Finishing the task of world evangelization so Jesus can return is not a biblical paradigm. Paul and the other Apostles had taken the gospel of Jesus’ kingdom throughout the known world, defined as the inhabited Roman Empire by Jesus in Matthew 24:14 using the Greek word oikumene. The destruction of the Temple in Jerusalem confirmed their announcement of the great transition of the ages from the Old Covenant, centered on the Temple, to the New Covenant, led by a heavenly king.

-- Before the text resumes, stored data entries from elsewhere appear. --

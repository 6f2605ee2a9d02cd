-- ===== src/Search/Hint/Stable.antt =====
-- The hint holds the stable tiles, each once.
use ooverlap.Prelude.{
  ℕ, zero, suc, ◌+◌, ◌*◌, ◌<◌, ◌≤◌, ◌≡◌, refl, ◌∙◌, ap, sym, ◌↔◌, inl, inr, Bool, true, false, ◌&&◌,
  ◌||◌, List, [], ◌∷◌, ◌++◌, map, length, get_or, range, range_from, contains, All, ltb, ◌==◌,
  Bool-cases, arith, append_assoc, append-nil, contains-append, dec_lt,
}
use ooverlap.Prelude.Int.{negsuc, in_window}
use ooverlap.Prelude.Result.{ok}
use ooverlap.Prelude.Distinct.{contains-filter, contains-range_from, All-of_contains}
use ooverlap.Search.Geometry.{div_up}
use ooverlap.Search.Segments.Cover.{div_up_bounds}
use ooverlap.Search.Reorder.{HintScan, scan_tile}
use ooverlap.Search.Reorder.Scan.{IsScan, scan_tile-IsScan}
use ooverlap.Search.Hint.{
  Sample, count_in_window, is_stable, stable_tiles, window_low, window_high, WindowScan,
  window_tiles, scan_window, scan_windows, HintState, add_tile, add_tiles, collect_hint,
}

-- In every sample of every round the tile finishes in the window.
abbrev pub AlwaysIn : (lo hi tile : ℕ) → List (List Sample) → Type 0
AlwaysIn lo hi tile rounds =
    All (λ samples. All (λ row. in_window lo hi (get_or row tile (negsuc 0)) ≡ true) samples) rounds

count_in_window-le :
    (lo hi : ℕ) (samples : List Sample) (tile : ℕ)
    → count_in_window lo hi samples tile ≤ length samples
unfolding count_in_window
count_in_window-le lo hi [] tile = omega arith
count_in_window-le lo hi (row ∷ samples) tile =
    ground (arith, count_in_window-le lo hi samples tile)

count_in_window_full :
    (lo hi : ℕ) (samples : List Sample) (tile : ℕ)
    → count_in_window lo hi samples tile ≡ length samples
    → All (λ row. in_window lo hi (get_or row tile (negsuc 0)) ≡ true) samples
unfolding count_in_window
count_in_window_full lo hi [] tile h = tt
count_in_window_full lo hi (row ∷ samples) tile h =
    elim (Bool-cases (in_window lo hi (get_or row tile (negsuc 0)))) [
      | inl e ↦
          let count : suc (count_in_window lo hi samples tile) ≡ suc (length samples) = rw e at h in
          (e, count_in_window_full lo hi samples tile (omega arith))
      | inr e ↦
          let count : count_in_window lo hi samples tile ≡ suc (length samples) = rw e at h in
          absurd (omega (arith, count_in_window-le lo hi samples tile))
    ]

count_in_window-All :
    (lo hi : ℕ) (samples : List Sample) (tile : ℕ)
    → All (λ row. in_window lo hi (get_or row tile (negsuc 0)) ≡ true) samples
    → count_in_window lo hi samples tile ≡ length samples
unfolding count_in_window
count_in_window-All lo hi [] tile h = refl
count_in_window-All lo hi (row ∷ samples) tile h =
    rw h.0 (ap suc (count_in_window-All lo hi samples tile h.1))

pub is_stable_iff :
    (lo hi : ℕ) (rounds : List (List Sample)) (tile : ℕ)
    → (is_stable lo hi rounds tile ≡ true) ↔ AlwaysIn lo hi tile rounds
unfolding is_stable
is_stable_iff lo hi [] tile = (λ h. tt, λ h. refl)
is_stable_iff lo hi (samples ∷ rounds) tile = (
  λ h. (
    count_in_window_full lo hi samples tile (ground arith),
    (is_stable_iff lo hi rounds tile).0 (ground arith),
  ),
  λ h.
      ground (
        arith,
        count_in_window-All lo hi samples tile h.0,
        (is_stable_iff lo hi rounds tile).1 h.1,
      ),
)

module _ (rounds : List (List Sample)) (tile_num size compute_sms nominal : ℕ) where
  stable_per_window-scan_window :
      (s : WindowScan) (w : ℕ)
      → (scan_window rounds tile_num size compute_sms nominal s w).stable_per_window
        ≡ s.stable_per_window ++ window_tiles rounds tile_num size compute_sms nominal w ∷ []
  unfolding scan_window
  stable_per_window-scan_window s w = ground arith

  pub stable_per_window-scan_windows :
      (ws : List ℕ) (s : WindowScan)
      → (scan_windows rounds tile_num size compute_sms nominal s ws).stable_per_window
        ≡ s.stable_per_window ++ map (window_tiles rounds tile_num size compute_sms nominal) ws
  unfolding scan_windows
  stable_per_window-scan_windows [] s = sym (append-nil s.stable_per_window)
  stable_per_window-scan_windows (w ∷ ws) s =
      stable_per_window-scan_windows ws (scan_window rounds tile_num size compute_sms nominal s w)
      ∙ ap (λ l. l ++ map (window_tiles rounds tile_num size compute_sms nominal) ws)
          (stable_per_window-scan_window s w)
      ∙ append_assoc s.stable_per_window
          (window_tiles rounds tile_num size compute_sms nominal w ∷ [])
          (map (window_tiles rounds tile_num size compute_sms nominal) ws)

abbrev pub as_scan : HintState → HintScan
as_scan s = record { used = s.used; stable_prefix = s.hint }

abbrev pub contains_any : ℕ → List (List ℕ) → Bool
contains_any x [] = false
contains_any x (xs ∷ xss) = contains x xs || contains_any x xss

module _ (n : ℕ) where
  -- What holds of the hint so far, with the tiles that it holds beside the `given` ones.
  pub record IsHint (given : HintState) (added : ℕ → Bool) (s : HintState) : Type 0 where
    pub scan : IsScan n (as_scan s)
    pub holds : (x : ℕ) → contains x s.hint ≡ contains x given.hint || added x

  add_tile-scan : (s : HintState) (x : ℕ) → as_scan (add_tile s x) ≡ scan_tile (as_scan s) x
  unfolding add_tile scan_tile
  add_tile-scan s x = ground arith

  add_tile-IsHint :
      (s : HintState) (x : ℕ) → x < n → IsScan n (as_scan s) → IsHint s (λ y. y == x) (add_tile s x)
  add_tile-IsHint s x h v = record {
    scan = rw (add_tile-scan s x) (scan_tile-IsScan (as_scan s) x h v);
    holds = λ y. held y;
  }
    where
      held : (y : ℕ) → contains y (add_tile s x).hint ≡ contains y s.hint || y == x
      held y = unfold add_tile in ground (arith, contains-append y s.hint (x ∷ []), v.marked x)

  add_tiles-IsHint :
      (tiles : List ℕ) (s : HintState)
      → All (λ x. x < n) tiles
      → IsScan n (as_scan s)
      → IsHint s (λ y. contains y tiles) (add_tiles s tiles)
  unfolding add_tiles
  add_tiles-IsHint [] s h v = record { scan = v; holds = λ x. ground arith }
  add_tiles-IsHint (t ∷ tiles) s h v =
      let one = add_tile-IsHint s t h.0 v in
      let rest = add_tiles-IsHint tiles (add_tile s t) h.1 one.scan in
      record { scan = rest.scan; holds = λ x. ground (arith, rest.holds x, one.holds x) }

  pub collect_hint-IsHint :
      (windows : List (List ℕ)) (s : HintState)
      → All (λ tiles. All (λ x. x < n) tiles) windows
      → IsScan n (as_scan s)
      → IsHint s (λ y. contains_any y windows) (collect_hint s windows)
  unfolding collect_hint
  collect_hint-IsHint [] s h v = record { scan = v; holds = λ x. ground arith }
  collect_hint-IsHint (tiles ∷ windows) s h v =
      let one = add_tiles-IsHint tiles s h.0 v in
      let rest = collect_hint-IsHint windows (add_tiles s tiles) h.1 one.scan in
      record { scan = rest.scan; holds = λ x. ground (arith, rest.holds x, one.holds x) }

-- The tile finishes in window `w` of the grid in every sample of every round.
pub record IsStableIn (rounds : List (List Sample)) (tile_num size tile w : ℕ) : Type 0 where
  pub in_grid : tile < tile_num
  pub window_exists : w * size < tile_num
  pub always : AlwaysIn (window_low size w) (window_high tile_num size w) tile rounds

module _ (rounds : List (List Sample)) (tile_num size compute_sms nominal : ℕ) where
  abbrev pub tiles_of : ℕ → List ℕ
  tiles_of = window_tiles rounds tile_num size compute_sms nominal

  contains-window_tiles :
      (w x : ℕ)
      → contains x (tiles_of w)
        ≡ ltb x tile_num && is_stable (window_low size w) (window_high tile_num size w) rounds x
  unfolding stable_tiles
  contains-window_tiles w x =
      contains-filter x (is_stable (window_low size w) (window_high tile_num size w) rounds)
        (range tile_num)
      ∙ ground (arith, contains-range_from x 0 tile_num)

  pub windows_in_grid :
      (ws : List ℕ) → All (λ tiles. All (λ x. x < tile_num) tiles) (map tiles_of ws)
  windows_in_grid [] = tt
  windows_in_grid (w ∷ ws) = (
    All-of_contains (tiles_of w) (λ x m. ground (arith, contains-window_tiles w x, m)),
    windows_in_grid ws,
  )

  contains_any_sound :
      (start count x : ℕ)
      → contains_any x (map tiles_of (range_from start count)) ≡ true
      → (w : ℕ) × (w < start + count) × (contains x (tiles_of w) ≡ true)
  contains_any_sound start zero x h = cc
  contains_any_sound start (suc count) x h = elim (Bool-cases (contains x (tiles_of start))) [
    | inl e ↦ (start, omega arith, e)
    | inr e ↦
        let (w, b, m) = contains_any_sound (suc start) count x (ground arith) in (w, omega arith, m)
  ]

  contains_any_complete :
      (start count x w : ℕ)
      → start ≤ w
      → w < start + count
      → contains x (tiles_of w) ≡ true
      → contains_any x (map tiles_of (range_from start count)) ≡ true
  contains_any_complete start zero x w a b m = absurd (omega arith)
  contains_any_complete start (suc count) x w a b m = elim (dec_lt start w) [
    | yes later ↦ ground (arith, contains_any_complete (suc start) count x w later (omega arith) m)
    | no first ↦
        let same : w ≡ start = omega arith in
        let found : contains x (tiles_of start) ≡ true = rw same at m in ground (arith, found)
  ]

  -- Being in some window's list of stable tiles is being stable in a window of the grid.
  pub contains_any_iff :
      (waves x : ℕ)
      → 0 < size
      → div_up tile_num size ≡ ok waves
      → (contains_any x (map tiles_of (range waves)) ≡ true)
        ↔ ((w : ℕ) × IsStableIn rounds tile_num size x w)
  contains_any_iff waves x h e =
      let (low, high) = div_up_bounds tile_num size h e in
      (
        λ m.
            let (w, b, found) = contains_any_sound 0 waves x m in
            let grown : (w + 1) * size ≤ waves * size = grind arith in
            (
              w,
              record {
                in_grid = ground (arith, contains-window_tiles w x, found);
                window_exists = omega arith;
                always =
                    (is_stable_iff (window_low size w) (window_high tile_num size w) rounds x).0
                      (ground (arith, contains-window_tiles w x, found));
              },
            ),
        λ (w, v).
            let below : w < waves = grind (arith, v.window_exists, low) in
            contains_any_complete 0 waves x w (omega arith) (omega arith) (
              ground (
                arith,
                contains-window_tiles w x,
                v.in_grid,
                (is_stable_iff (window_low size w) (window_high tile_num size w) rounds x).1
                    v.always,
              )),
      )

It may be hard for our modern minds to avoid imposing mathematical precision on the meaning of Jesus' words. Yet, we must respect what he meant. We are not on a mission to get the end to come. We can’t share the Gospel enough in order to make Jesus come back. We are completely missing the point if we create a list of people groups and start checking them off until Jesus comes. Crossing off arbitrarily defined, unreached peoples from a list is a self-deluded misadventure in trying to control the future.

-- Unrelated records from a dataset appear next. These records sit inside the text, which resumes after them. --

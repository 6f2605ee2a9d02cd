-- ===== src/Search/Hint/Contents.antt =====
-- The result of `compute_stable_hint_from_rounds`: which tiles an accepted hint holds.
use ooverlap.Prelude.{
  ℕ, zero, suc, ◌<◌, ◌≡◌, ◌∙◌, sym, ◌↔◌, true, false, List, [], ◌∷◌, map, replicate, range,
  contains, Nodup, All, arith,
}
use ooverlap.Prelude.Distinct.{All-of_contains}
use ooverlap.Prelude.Result.{ok, >>=-eq-ok}
use ooverlap.Search.Geometry.{div_up}
use ooverlap.Search.Reorder.Scan.{scan_start-IsScan}
use ooverlap.Search.Hint.{
  Sample, WindowScan, window_tiles, scan_windows, collect_hint, HintResult, chosen_group,
  finish_hint, compute_stable_hint_from_rounds,
}
use ooverlap.Search.Hint.Stable.{
  IsStableIn, stable_per_window-scan_windows, collect_hint-IsHint, windows_in_grid,
  contains_any_iff,
}

abbrev pub first_scan : ℕ → WindowScan
first_scan nominal = record {
  stable_per_window = [];
  effective_group = nominal;
  full_window_seen = false;
}

-- A result that is returned came through the loop over the windows.
pub record CameFrom (rounds : List (List Sample)) (tile_num size c nominal minimum : ℕ)
    (r : HintResult) : Type 0 where
  pub waves : ℕ
  pub rounded : div_up tile_num size ≡ ok waves
  pub positive_size : 0 < size
  pub positive_sms : 0 < c
  pub group : ℕ
  pub chosen :
      chosen_group tile_num c nominal
        (scan_windows rounds tile_num size c nominal (first_scan nominal) (range waves))
      ≡ ok group
  pub finished :
      r
      ≡ finish_hint tile_num minimum
          (scan_windows rounds tile_num size c nominal
            (first_scan nominal)
            (range waves)).stable_per_window
          group

pub div_up_divisor : (x y : ℕ) {q : ℕ} → div_up x y ≡ ok q → 0 < y
unfolding div_up
div_up_divisor x zero h = cc
div_up_divisor x (suc y) h = omega arith

pub came_from :
    (rounds : List (List Sample)) (tile_num size c nominal minimum : ℕ) {r : HintResult}
    → compute_stable_hint_from_rounds rounds tile_num size c nominal minimum ≡ ok r
    → CameFrom rounds tile_num size c nominal minimum r
unfolding compute_stable_hint_from_rounds
came_from [] tile_num size c nominal minimum h = cc
came_from (x ∷ rs) tile_num size zero nominal minimum h = cc
came_from (x ∷ rs) tile_num size (suc c) nominal minimum h =
    let (waves, rounded, h') = >>=-eq-ok (div_up tile_num size) _ h in
    let scanned =
      scan_windows (x ∷ rs) tile_num size (suc c) nominal (first_scan nominal) (range waves) in
    let (group, chosen, h'') = >>=-eq-ok (chosen_group tile_num (suc c) nominal scanned) _ h' in
    record {
      waves = waves;
      rounded = rounded;
      positive_size = div_up_divisor tile_num size rounded;
      positive_sms = omega arith;
      group = group;
      chosen = chosen;
      finished =
          let same : ok (finish_hint tile_num minimum scanned.stable_per_window group) ≡ ok _ =
            h'' in
          cc;
    }

-- An accepted hint holds, each once and inside the grid, exactly the tiles that finished in one and
-- the same window of the grid in every sample of every round.
pub compute_stable_hint_from_rounds-holds :
    (rounds : List (List Sample)) (tile_num size c nominal minimum : ℕ) {r : HintResult}
    → compute_stable_hint_from_rounds rounds tile_num size c nominal minimum ≡ ok r
    → r.accepted ≡ true
    → Nodup r.hint
      × All (λ x. x < tile_num) r.hint
      × ((x : ℕ) → (contains x r.hint ≡ true) ↔ ((w : ℕ) × IsStableIn rounds tile_num size x w))
unfolding finish_hint
compute_stable_hint_from_rounds-holds rounds tile_num size c nominal minimum {r} h accepted =
    let v = came_from rounds tile_num size c nominal minimum h in
    let tiles = window_tiles rounds tile_num size c nominal in
    let windows = map tiles (range v.waves) in
    let listed =
      stable_per_window-scan_windows rounds tile_num size c nominal (range v.waves)
        (first_scan nominal) in
    let found =
      collect_hint-IsHint tile_num windows (record { hint = []; used = replicate tile_num false })
        (windows_in_grid rounds tile_num size c nominal (range v.waves))
        (scan_start-IsScan tile_num) in
    let hint : r.hint
        ≡ (collect_hint (record { hint = []; used = replicate tile_num false }) windows).hint =
      ground (arith, v.finished, accepted, listed) in
    let inside = contains_any_iff rounds tile_num size c nominal v.waves in
    (
      rw hint found.scan.distinct,
      rw hint (
          All-of_contains _ λ x m.
            let (w, s) = (inside x v.positive_size v.rounded).0 (sym (found.holds x) ∙ m) in
            s.in_grid),
      λ x. rw (hint, found.holds x) (inside x v.positive_size v.rounded),
    )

Our mission is to continue announcing the new kingdom Jesus started, long after the Old Covenant age has come to an end with the destruction of the Temple. Jesus wasn’t focused on just getting to the end of that age, but on building momentum that would last for centuries as a new international body of believers grew everywhere Jesus’ disciples would go. A grammatical analysis of the Great Commission will demonstrate that Jesus’ emphasis was on methodical kingdom-building, not mathematically measured nation-reaching.
When Jesus said in Matthew 28:18, “Go and make disciples of all nations,” the command was not to go to every distinct ethno-linguistic group that we can map out with some subjective set of guidelines. The word “go” is actually a participle. The command is to “make disciples.” It would be better translated, “As you are going, make disciples.” Our job is to make disciples everywhere we go, not to obsess about where we go next.
So let's stop missing the point and make sure more individuals get to hear the significance of the kingdom Jesus started in the first century. Matthew 24:14 predicted a monumental change of the ages after the message of King Jesus had spread through the Roman Empire. And we now live in the New Covenant age where God’s presence is available to all if we pronounce the good news everywhere we go.
Jesus promised his first-century disciples to be present with them until “the end of age” (Matthew 28:20), and he promises to be with us now that the Old Covenant age has ended. As he said, “Where two or three are gathered in my name, I am there among them” (Matthew 18:20). We don’t have to mistakenly manipulate Jesus to return to the earth because he is already here!
I hope hearing what Jesus’ words meant frees you from false promises you found in Matthew 24:14 and from misguided strategies to get Jesus back here sooner. Instead, I hope the anxiety of his perceived absence is replaced by the calming confidence of his nearness. That unfailing presence is a gift we can receive and give to every person struggling in an often isolated world.